Cleansing Karachi is a difficult task. Admittedly spectacular results have been achieved. But the MQM still presents a conundrum for policy makers.
Its vote bank has perceptibly reduced in the past decade. But it remains the sole political party representing the aspirations of the mohajirs of Sindh. In fact by virtue of its representation in the parliament and Sindh Assembly it is the fourth largest political entity of the country.
On the other hand till now its leadership in Pakistan did not have the guts to cut the umbilical cord. Resultantly, deputy convener Dr Farooq Sattar had no option but to kowtow to instructions conveyed directly by the supremo or through his deputy Nadeem Nusrat directly from London.
There were occasions when Altaf, through his telephonic or video addresses from London, publicly humiliated the local leadership. At one point he urged his followers to beat up Dr Farooq Sattar and a few other members of the so-called Rabita committee.
The ‘minus one (Altaf) formula’ has been in the offing for a long time. But nobody till now had the guts to bell the cat.
Now the process has started, simply thanks to the supremo’s intransigence, the local leadership had been left with no option. In order to survive as a political entity the MQM can no longer carry the heavy baggage that comes with Altaf Hussain.
The supremo however is incorrigible. Subsequent to his diatribe on 22 August, he vilified Pakistan in much stronger language while addressing his followers in the USA. He even forced Babar Ghauri (a senior member) to recant pro-Pakistan slogans he uttered after the ‘Quaid’s’ speech in Karachi and to chant anti-Pakistan slogans to prove his loyalty to the chief.

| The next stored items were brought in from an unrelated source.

-- ===== src/Hnsw/Neighbors.antt =====
-- internal/hnsw/neighbors.go: the choice of neighbours. The cache nodeVecs is left out: it holds what
-- a read of the node gives.
pub mod Chosen
use hybrid_vector_cache_hnsw.Common.{
  ℕ, zero, suc, ◌+◌, Bool, true, false, not, Option, none, some, List, [], ◌∷◌, ◌++◌, if◌then◌else◌,
  length, get_elem?, ◌==◌, ltb,
}
use hybrid_vector_cache_hnsw.Common.Run.{Run, ok, panic, out_of_fuel, ◌>>=◌, or_panic}
use hybrid_vector_cache_hnsw.Similarity.{Float, float_less}
use hybrid_vector_cache_hnsw.Heap.{push, pop}
use hybrid_vector_cache_hnsw.Hnsw.{Node, Item, get_links, cosine_distance, min_less}
use hybrid_vector_cache_hnsw.Hnsw.Layer.{has}

-- The working heap, with the ids it has seen.
pub record Working : Type 0 where
  pub seen : List ℕ
  pub heap : List Item

abbrev pub no_items : Working
no_items = record { seen = []; heap = [] }

abbrev pub add_item : Item → Working → Working
add_item x w = record { seen = x.id ∷ w.seen; heap = push min_less x w.heap }

-- The candidates, each id once.
unfoldable pub gather : List Item → Working → Working
gather [] w = w
gather (x ∷ xs) w = gather xs (if has w.seen x.id then w else add_item x w)

-- The variables of the choice: the ids chosen, and the items put aside.
pub record Choice : Type 0 where
  pub result : List ℕ
  pub discarded : List Item

unfoldable pub push_all : List Item → List Item → List Item
push_all [] h = h
push_all (x ∷ xs) h = push_all xs (push min_less x h)

-- The backfill: the closest of a heap, until there are m.
unfoldable pub backfill : ℕ → ℕ → List Item → List ℕ → List ℕ
backfill zero m h result = result
backfill (suc fuel) m h result =
    let more : List ℕ = elim (pop min_less h) [
      | none ↦ result
      | some (x, h') ↦ backfill fuel m h' (result ++ x.id ∷ [])
    ] in
    if ltb (length result) m then more else result

-- selectNeighborsSimple
unfoldable pub select_neighbors_simple : List Item → ℕ → List ℕ
unfolding push_all backfill
select_neighbors_simple candidates m = let h = push_all candidates [] in backfill (length h) m h []

module _ (f : Float) (nodes : List Node) where
  -- A neighbour of a candidate, not seen before.
  unfoldable pub extend_new : List ℕ → ℕ → Option Node → Working → Run Working
  extend_new query id none w = ok (record w { seen = id ∷ w.seen })
  extend_new query id (some n) w = do
    d ← or_panic (cosine_distance f query n.vector)
    ok (add_item (record { id = id; dist = d }) w)

  unfoldable pub extend_links : List ℕ → List ℕ → Working → Run Working
  unfolding extend_new
  extend_links query [] w = ok w
  extend_links query (id ∷ ids) w =
      (if has w.seen id then ok w else extend_new query id (get_elem? nodes id) w)
      >>= extend_links query ids

  abbrev links_of : ℕ → Option Node → List ℕ
  links_of layer none = []
  links_of layer (some n) = get_links n layer

  -- The loop for `extendCandidates`.
  unfoldable pub extend : List ℕ → ℕ → List Item → Working → Run Working
  unfolding extend_links
  extend query layer [] w = ok w
  extend query layer (x ∷ xs) w =
      extend_links query (links_of layer (get_elem? nodes x.id)) w >>= extend query layer xs

  -- Whether a vector is as close to the query, at the distance d, as to all that are chosen.
  unfoldable pub is_useful : List ℕ → ℕ → List ℕ → Run Bool
  is_useful vec d [] = ok true
  is_useful vec d (id ∷ ids) =
      let rest = is_useful vec d ids in
      elim (get_elem? nodes id) [
        | none ↦ rest
        | some n ↦ do
          e ← or_panic (cosine_distance f vec n.vector)
          if float_less e d then ok false else rest
      ]

  -- The item that left the working heap, chosen or put aside.
  unfoldable pub choose_one : Item → Option Node → Choice → Run Choice
  unfolding is_useful
  choose_one x none c = ok c
  choose_one x (some n) c = do
    useful ← is_useful n.vector x.dist c.result
    ok (
        if useful
        then record c { result = c.result ++ x.id ∷ [] }
        else record c { discarded = c.discarded ++ x ∷ [] })

  -- The loop over the working heap; its length is enough fuel.
  unfoldable pub choose : ℕ → ℕ → List Item → Choice → Run Choice
  unfolding choose_one
  choose zero m h c = ok c
  choose (suc fuel) m h c =
      let more : Run Choice = elim (pop min_less h) [
        | none ↦ ok c
        | some (x, h') ↦ choose_one x (get_elem? nodes x.id) c >>= choose fuel m h'
      ] in
      if ltb (length c.result) m then more else ok c

  -- selectNeighborsHeuristic behind the test for no candidates, at an M that make accepts, 2^46 at most
  unfoldable pub select_from : List ℕ → List Item → ℕ → ℕ → Bool → Bool → Run (List ℕ)
  unfolding gather extend choose push_all backfill
  select_from query candidates m layer extended keep_pruned = do
    let w = gather candidates no_items
    w' ← if extended then extend query layer candidates w else ok w
    c ← choose (length w'.heap) m w'.heap (record { result = []; discarded = [] })
    let h = push_all c.discarded []
    ok (if keep_pruned then backfill (length h) m h c.result else c.result)

  -- selectNeighborsHeuristic
  unfoldable pub select_neighbors_heuristic :
      List ℕ → List Item → ℕ → ℕ → Bool → Bool → Run (List ℕ)
  unfolding select_from
  select_neighbors_heuristic query [] m layer extended keep_pruned = ok []
  select_neighbors_heuristic query (x ∷ xs) m layer extended keep_pruned =
      select_from query (x ∷ xs) m layer extended keep_pruned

However, what is worrisome is that Altaf Hussain despite sounding and behaving like a madman still has a captive audience. That is why perhaps Farooq Sattar is circumspect in his criticism of the supremo.

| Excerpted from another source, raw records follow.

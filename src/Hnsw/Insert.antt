-- ===== src/Hnsw/Insert.antt =====
-- internal/hnsw/search.go: Insert and pruneNeighbor.
-- The sample of randomLevel is an argument.
pub mod Descend
pub mod Shape
pub mod Links
pub mod Connect
pub mod Register
pub mod Attach
pub mod Maps
pub mod Renew
pub mod Total
pub mod Panics
pub mod Longer
use hybrid_vector_cache_hnsw.Common.{
  ℕ, zero, suc, ◌+◌, ◌-◌, ◌%◌, ◌^◌, Bool, true, false, Option, none, some, List, [], ◌∷◌, ◌++◌, map,
  if◌then◌else◌, length, get_elem?, set, ◌==◌, ltb,
}
use hybrid_vector_cache_hnsw.Common.Bytes.{Bytes}
use hybrid_vector_cache_hnsw.Common.Dict.{Dict, lookup, insert}
use hybrid_vector_cache_hnsw.Common.Run.{Run, ok, panic, out_of_fuel, ◌>>=◌, or_panic}
use hybrid_vector_cache_hnsw.Similarity.{Float}
use hybrid_vector_cache_hnsw.Heap.{drain, pop}
use hybrid_vector_cache_hnsw.Hnsw.{
  Node, Index, Item, new_node, set_links, cosine_distance, max_less, random_level,
}
use hybrid_vector_cache_hnsw.Hnsw.Layer.{search_layer}
use hybrid_vector_cache_hnsw.Hnsw.Neighbors.{select_neighbors_heuristic}

-- node.Links[layer]; a layer that the node does not have makes it panic.
unfoldable pub read_links : List Node → ℕ → ℕ → Run (List ℕ)
read_links nodes id layer = do n ← or_panic (get_elem? nodes id); or_panic (get_elem? n.links layer)

-- A change of the node of an id
unfoldable pub change : List Node → ℕ → (Node → Node) → List Node
change [] i g = []
change (n ∷ ns) zero g = g n ∷ ns
change (n ∷ ns) (suc i) g = n ∷ change ns i g

-- node.Links[layer] = append(node.Links[layer], id)
unfoldable pub append_link : ℕ → ℕ → ℕ → List Node → Run (List Node)
unfolding read_links change set_links
append_link at layer id nodes = do
  links ← read_links nodes at layer
  ok (change nodes at (set_links layer (links ++ id ∷ [])))

-- The id of what heap.Pop takes from a heap, or the entry points of before if it is empty.
abbrev pub nearest_of : List ℕ → Option (Item × List Item) → List ℕ
nearest_of eps none = eps
nearest_of eps (some (x, h)) = x.id ∷ []

-- uint32(len(idx.nodes))
unfoldable pub next_id : Index → ℕ
next_id idx = length idx.nodes % 2 ^ 32

-- The index with the new node of an id registered.
unfoldable pub register : ℕ → Bytes → List ℕ → Dict Bytes → ℕ → Index → Index
register id key vec meta level idx = record idx {
  nodes = idx.nodes ++ new_node id vec meta level ∷ [];
  id_map = insert key id idx.id_map;
  reverse_map = idx.reverse_map ++ key ∷ [];
}

-- Insert of a key that is in the index: its node gets the vector, and keeps its links.
unfoldable pub replace : ℕ → List ℕ → Dict Bytes → Index → Index
unfolding change
replace id vec meta idx = record idx {
  nodes = change idx.nodes id (λ (n : Node). record n { vector = vec; metadata = meta });
}

module _ (f : Float) where
  -- The items of pruneNeighbor: each link that is a node, with its distance.
  unfoldable pub measure_links : List Node → List ℕ → List ℕ → Run (List Item)
  measure_links nodes vec [] = ok []
  measure_links nodes vec (id ∷ ids) =
      let rest = measure_links nodes vec ids in
      elim (get_elem? nodes id) [
        | none ↦ rest
        | some n ↦ do
          d ← or_panic (cosine_distance f vec n.vector)
          items ← rest
          ok (record { id = id; dist = d } ∷ items)
      ]

  -- pruneNeighbor
  unfoldable pub prune_neighbor : ℕ → List ℕ → ℕ → ℕ → List Node → Run (List Node)
  unfolding measure_links change set_links
  prune_neighbor at links max_conn layer nodes = do
    n ← or_panic (get_elem? nodes at)
    items ← measure_links nodes n.vector links
    pruned ← select_neighbors_heuristic f nodes n.vector items max_conn layer false true
    ok (change nodes at (set_links layer pruned))

  -- The two links between a new node and a neighbour, and the pruning of the neighbour.
  unfoldable pub link_both : ℕ → ℕ → ℕ → ℕ → List Node → Run (List Node)
  unfolding append_link prune_neighbor
  link_both id neighbor max_conn layer nodes = do
    nodes' ← append_link id layer neighbor nodes
    nodes'' ← append_link neighbor layer id nodes'
    links ← read_links nodes'' neighbor layer
    if ltb max_conn (length links)
        then prune_neighbor neighbor links max_conn layer nodes''
        else ok nodes''

  -- The loop over the neighbours.
  unfoldable pub link_all : ℕ → List ℕ → ℕ → ℕ → List Node → Run (List Node)
  unfolding link_both
  link_all id [] max_conn layer nodes = ok nodes
  link_all id (n ∷ ns) max_conn layer nodes =
      (if n == id then ok nodes else elim (get_elem? nodes n) [
        | none ↦ ok nodes
        | some other ↦ link_both id n max_conn layer nodes
      ])
      >>= link_all id ns max_conn layer

  -- The greedy descent through the `rounds` layers above `bottom`: the entry points below them.
  unfoldable pub descend : List Node → List ℕ → ℕ → ℕ → List ℕ → Run (List ℕ)
  unfolding search_layer
  descend nodes query zero bottom eps = ok eps
  descend nodes query (suc rounds) bottom eps = do
    found ← search_layer f nodes query eps 1 (bottom + suc rounds)
    descend nodes query rounds bottom (nearest_of eps (pop max_less found))

  -- One layer of the second phase: the nodes with the new links, and the entry points of the layer
  -- below.
  unfoldable pub connect_layer :
      Index → ℕ → List ℕ → ℕ → List ℕ × List Node → Run (List ℕ × List Node)
  unfolding search_layer link_all
  connect_layer idx id vec layer (eps, nodes) = do
    found ← search_layer f nodes vec eps idx.ef_construction layer
    let items = drain max_less (length found) found
    let max_conn = if layer == 0 then idx.mmax0 else idx.m
    neighbors ← select_neighbors_heuristic f nodes vec items max_conn layer false true
    nodes' ← link_all id neighbors max_conn layer nodes
    ok (map (λ (x : Item). x.id) items, nodes')

  -- The second phase: the layers below `layers`, from the top.
  unfoldable pub connect : Index → ℕ → List ℕ → ℕ → List ℕ × List Node → Run (List ℕ × List Node)
  unfolding connect_layer
  connect idx id vec zero state = ok state
  connect idx id vec (suc layer) state =
      connect_layer idx id vec layer state >>= connect idx id vec layer

  -- Insert of a key that is not in the index, behind its registration; `level` is its top layer.
  unfoldable pub attach : ℕ → List ℕ → ℕ → Index → Run Index
  unfolding descend connect
  attach id vec level idx = do
    let top = idx.current_max_layer
    eps ← descend idx.nodes vec (top - level) level (idx.entry_point ∷ [])
    (eps', nodes) ← connect idx id vec ((if ltb top level then top else level) + 1) (eps, idx.nodes)
    let linked : Index = record idx { nodes = nodes; insert_count = idx.insert_count + 1 }
    ok (
        if ltb top level
        then record linked { entry_point = id; current_max_layer = level }
        else linked)

  -- Insert of a key that is not in the index, with the id of its node.
  unfoldable pub insert_new : ℕ → Bytes → List ℕ → Dict Bytes → ℕ → Index → Run Index
  unfolding register attach
  insert_new id key vec meta level idx =
      let idx' = register id key vec meta level idx in
      let first : Index = record idx' {
        entry_point = id;
        current_max_layer = level;
        insert_count = idx.insert_count + 1;
      } in
      if length idx'.nodes == 1 then ok first else attach id vec level idx'

  -- Insert; NewNode panics for a negative level.
  unfoldable pub insert_vector : Bytes → List ℕ → Dict Bytes → ℕ → Index → Run Index
  unfolding insert_new replace next_id
  insert_vector key vec meta sample idx = elim (lookup key idx.id_map) [
    | some id ↦ ok (replace id vec meta idx)
    | none ↦ elim (random_level idx sample) [
      | none ↦ panic
      | some level ↦ insert_new (next_id idx) key vec meta level idx
    ]
  ]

As deputy convener and parliamentary leader of the MQM the diminutive doctor has an onerous task ahead. On the one hand he has to very subtly work on the ‘minus one’ formula while on the other he must keep the essentially ethnic outfit’s vote bank intact.
Unfortunately, his erstwhile Quaid will not make things easy for him. And thanks to Altaf foul mouthing Pakistan and his third degree methods to silence his opponents’ de-Altafisation in the name of Altaf is not possible.
Right now largely owing to fear of the Rangers wrath Farooq Sattar is getting some tail winds. But with general elections less than two years away, ultimately he will have to rely upon the political process unfolding.
The enigmatic Amir Liaquat, after announcing his departure from the MQM, has claimed that he is receiving death threats from the party goons. He has declared that if he is killed Altaf Hussain would be held responsible.
If this becomes the norm rather than an exception it means that Altaf Bhai through his criminal network in Pakistan will keep on threatening those who have the temerity to defy him.
Law enforcement agencies in the metropolis will have to work doubly hard to break this network. Farooq Sattar also has the difficult task ahead of how to maintain MQM’s vote bank sans Altaf Hussain.
In the meanwhile the federal government as well as the provincial government should be engaging the MQM to address its genuine concerns. The reasons that led party stalwarts to go on a hunger strike recently should be looked into.
There have been calls for moving a reference against the MQM in the Supreme Court to ban it a la NAP (National Awami Party) by Zulfiquar Ali Bhutto in February 1975 after PPP leader Hayat Mohammad Sherpao was assassinated. Of course banning a political party with incipient grass roots support and constituencies never works.
NAP’s successor ANP (Awami National Party) exists even to this day under the leadership of Wali Khan’s son Asfandayar Wali. The same applies to the MQM.
If banned it will re-emerge under a new nomenclature. To exorcise the MQM from the ghost of Altaf Hussain might be the ultimate solution.